About this task:
Working from the entries below, give again each line from the first through the one containing "pub submit_order : Adapter", exactly and with nothing else.

*** Entries shown ***

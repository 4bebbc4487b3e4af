-- ===== src/Gateway/SubmitTask.antt =====
-- crates/gateway/src/lib.rs: `VenueSubmitTask`. The sequencer's handle either takes every command
-- that an order leads to or, once the sequencer has stopped, none of them.
use feynman_engine.Prelude.{
  Bool, not, ◌&&◌, Option, none, some, String, List, [], ◌∷◌, ◌++◌, Map, lookup, insert,
  if◌then◌else◌,
}
use feynman_engine.Prelude.Text.{◌++◌ as append}
use feynman_engine.Externs.{Externs}
use feynman_engine.Types.Pipeline.{PipelineOrder, Routed}
use feynman_engine.Engine.Events.{
  SequencerCommand, on_venue_ack, on_venue_submit_failed, on_venue_cancelled, on_fill,
}
use feynman_engine.Gateway.Errors.{Result, ok, err, show_error}
use feynman_engine.Gateway.Submission.{
  OrderSubmission, VenueOrderAck, PostAckFill, PostAckActions, from_routed,
}

-- The methods of `VenueAdapter` that the task calls.
pub record VenueAdapter (E : Externs) : Type 1 where
  pub Adapter : Type 0
  pub simulates_fills_locally : Adapter → Bool
  pub submit_order : Adapter → OrderSubmission E → Adapter × Result (VenueOrderAck E)
  pub take_post_ack_actions : Adapter → String → Adapter × Result (PostAckActions E)

pub record VenueSubmitTask (E : Externs) (V : VenueAdapter E) : Type 0 where
  pub adapters : Map V.Adapter
  pub sequencer_open : Bool
  pub delivered : List (SequencerCommand E)

module _ (E : Externs) (V : VenueAdapter E) where
  open E use {DateTime}

  -- `sequencer_handle.send`
  abbrev pub send : SequencerCommand E → VenueSubmitTask E V → VenueSubmitTask E V
  send command t =
      if t.sequencer_open then record t { delivered = t.delivered ++ (command ∷ []) } else t

  abbrev pub send_fills : List (PostAckFill E) → VenueSubmitTask E V → VenueSubmitTask E V
  send_fills [] t = t
  send_fills (queued ∷ rest) t = send_fills rest (send (on_fill queued.fill) t)

  abbrev pub send_cancellation :
      Option String → String → DateTime → VenueSubmitTask E V → VenueSubmitTask E V
  send_cancellation none id later t = t
  send_cancellation (some reason) id later t = send (on_venue_cancelled id reason later) t

  abbrev set_adapter : String → V.Adapter → VenueSubmitTask E V → VenueSubmitTask E V
  set_adapter venue adapter t = record t { adapters = insert venue adapter t.adapters }

  -- What follows the acknowledgement: the actions of the adapter.
  abbrev pub send_actions :
      Result (PostAckActions E) → String → DateTime → VenueSubmitTask E V → VenueSubmitTask E V
  send_actions (ok actions) id later t =
      send_cancellation actions.cancellation_reason id later (send_fills actions.fills t)
  send_actions (err e) id later t =
      send (on_venue_submit_failed id (append "post-ack adapter action failed: " (show_error E e)))
        t

  -- What follows the adapter's answer to the submission. A command that cannot be sent ends it.
  abbrev pub after_submit :
      Result (VenueOrderAck E)
      → V.Adapter
      → String
      → String
      → DateTime
      → VenueSubmitTask E V
      → VenueSubmitTask E V
  after_submit (err e) adapter venue id later t =
      send (on_venue_submit_failed id (show_error E e)) (set_adapter venue adapter t)
  after_submit (ok ack) adapter venue id later t =
      let taken = V.take_post_ack_actions adapter ack.venue_order_id in
      let acked = send (on_venue_ack id ack.venue_order_id ack.accepted_at) t in
      if t.sequencer_open
      then send_actions taken.1 id later (set_adapter venue taken.0 acked)
      else set_adapter venue adapter t

  abbrev pub with_adapter :
      Option V.Adapter
      → PipelineOrder E (Routed E)
      → DateTime
      → DateTime
      → VenueSubmitTask E V
      → VenueSubmitTask E V
  with_adapter none order now later t =
      send
        (on_venue_submit_failed order.core.id
          (append "no adapter registered for venue " order.core.venue_id))
        t
  with_adapter (some adapter) order now later t =
      let submitted = V.submit_order adapter (from_routed E order) in
      if order.core.dry_run && not (V.simulates_fills_locally adapter)
      then send (on_venue_ack order.core.id (append "sim-" order.stage.routing.client_order_id) now)
          t
      else after_submit submitted.1 submitted.0 order.core.venue_id order.core.id later t

  -- One round of `run`, with the two readings of the clock.
  unfoldable pub submit_one :
      PipelineOrder E (Routed E) → DateTime → DateTime → VenueSubmitTask E V → VenueSubmitTask E V
  unfolding from_routed
  submit_one order now later t =
      with_adapter (lookup order.core.venue_id t.adapters) order now later t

*** End of Entries shown ***

Written response:
repository 4bebbc4487b3e4af
-- ===== src/Gateway/SubmitTask.antt =====
-- crates/gateway/src/lib.rs: `VenueSubmitTask`. The sequencer's handle either takes every command
-- that an order leads to or, once the sequencer has stopped, none of them.
use feynman_engine.Prelude.{
  Bool, not, ◌&&◌, Option, none, some, String, List, [], ◌∷◌, ◌++◌, Map, lookup, insert,
  if◌then◌else◌,
}
use feynman_engine.Prelude.Text.{◌++◌ as append}
use feynman_engine.Externs.{Externs}
use feynman_engine.Types.Pipeline.{PipelineOrder, Routed}
use feynman_engine.Engine.Events.{
  SequencerCommand, on_venue_ack, on_venue_submit_failed, on_venue_cancelled, on_fill,
}
use feynman_engine.Gateway.Errors.{Result, ok, err, show_error}
use feynman_engine.Gateway.Submission.{
  OrderSubmission, VenueOrderAck, PostAckFill, PostAckActions, from_routed,
}

-- The methods of `VenueAdapter` that the task calls.
pub record VenueAdapter (E : Externs) : Type 1 where
  pub Adapter : Type 0
  pub simulates_fills_locally : Adapter → Bool
  pub submit_order : Adapter → OrderSubmission E → Adapter × Result (VenueOrderAck E)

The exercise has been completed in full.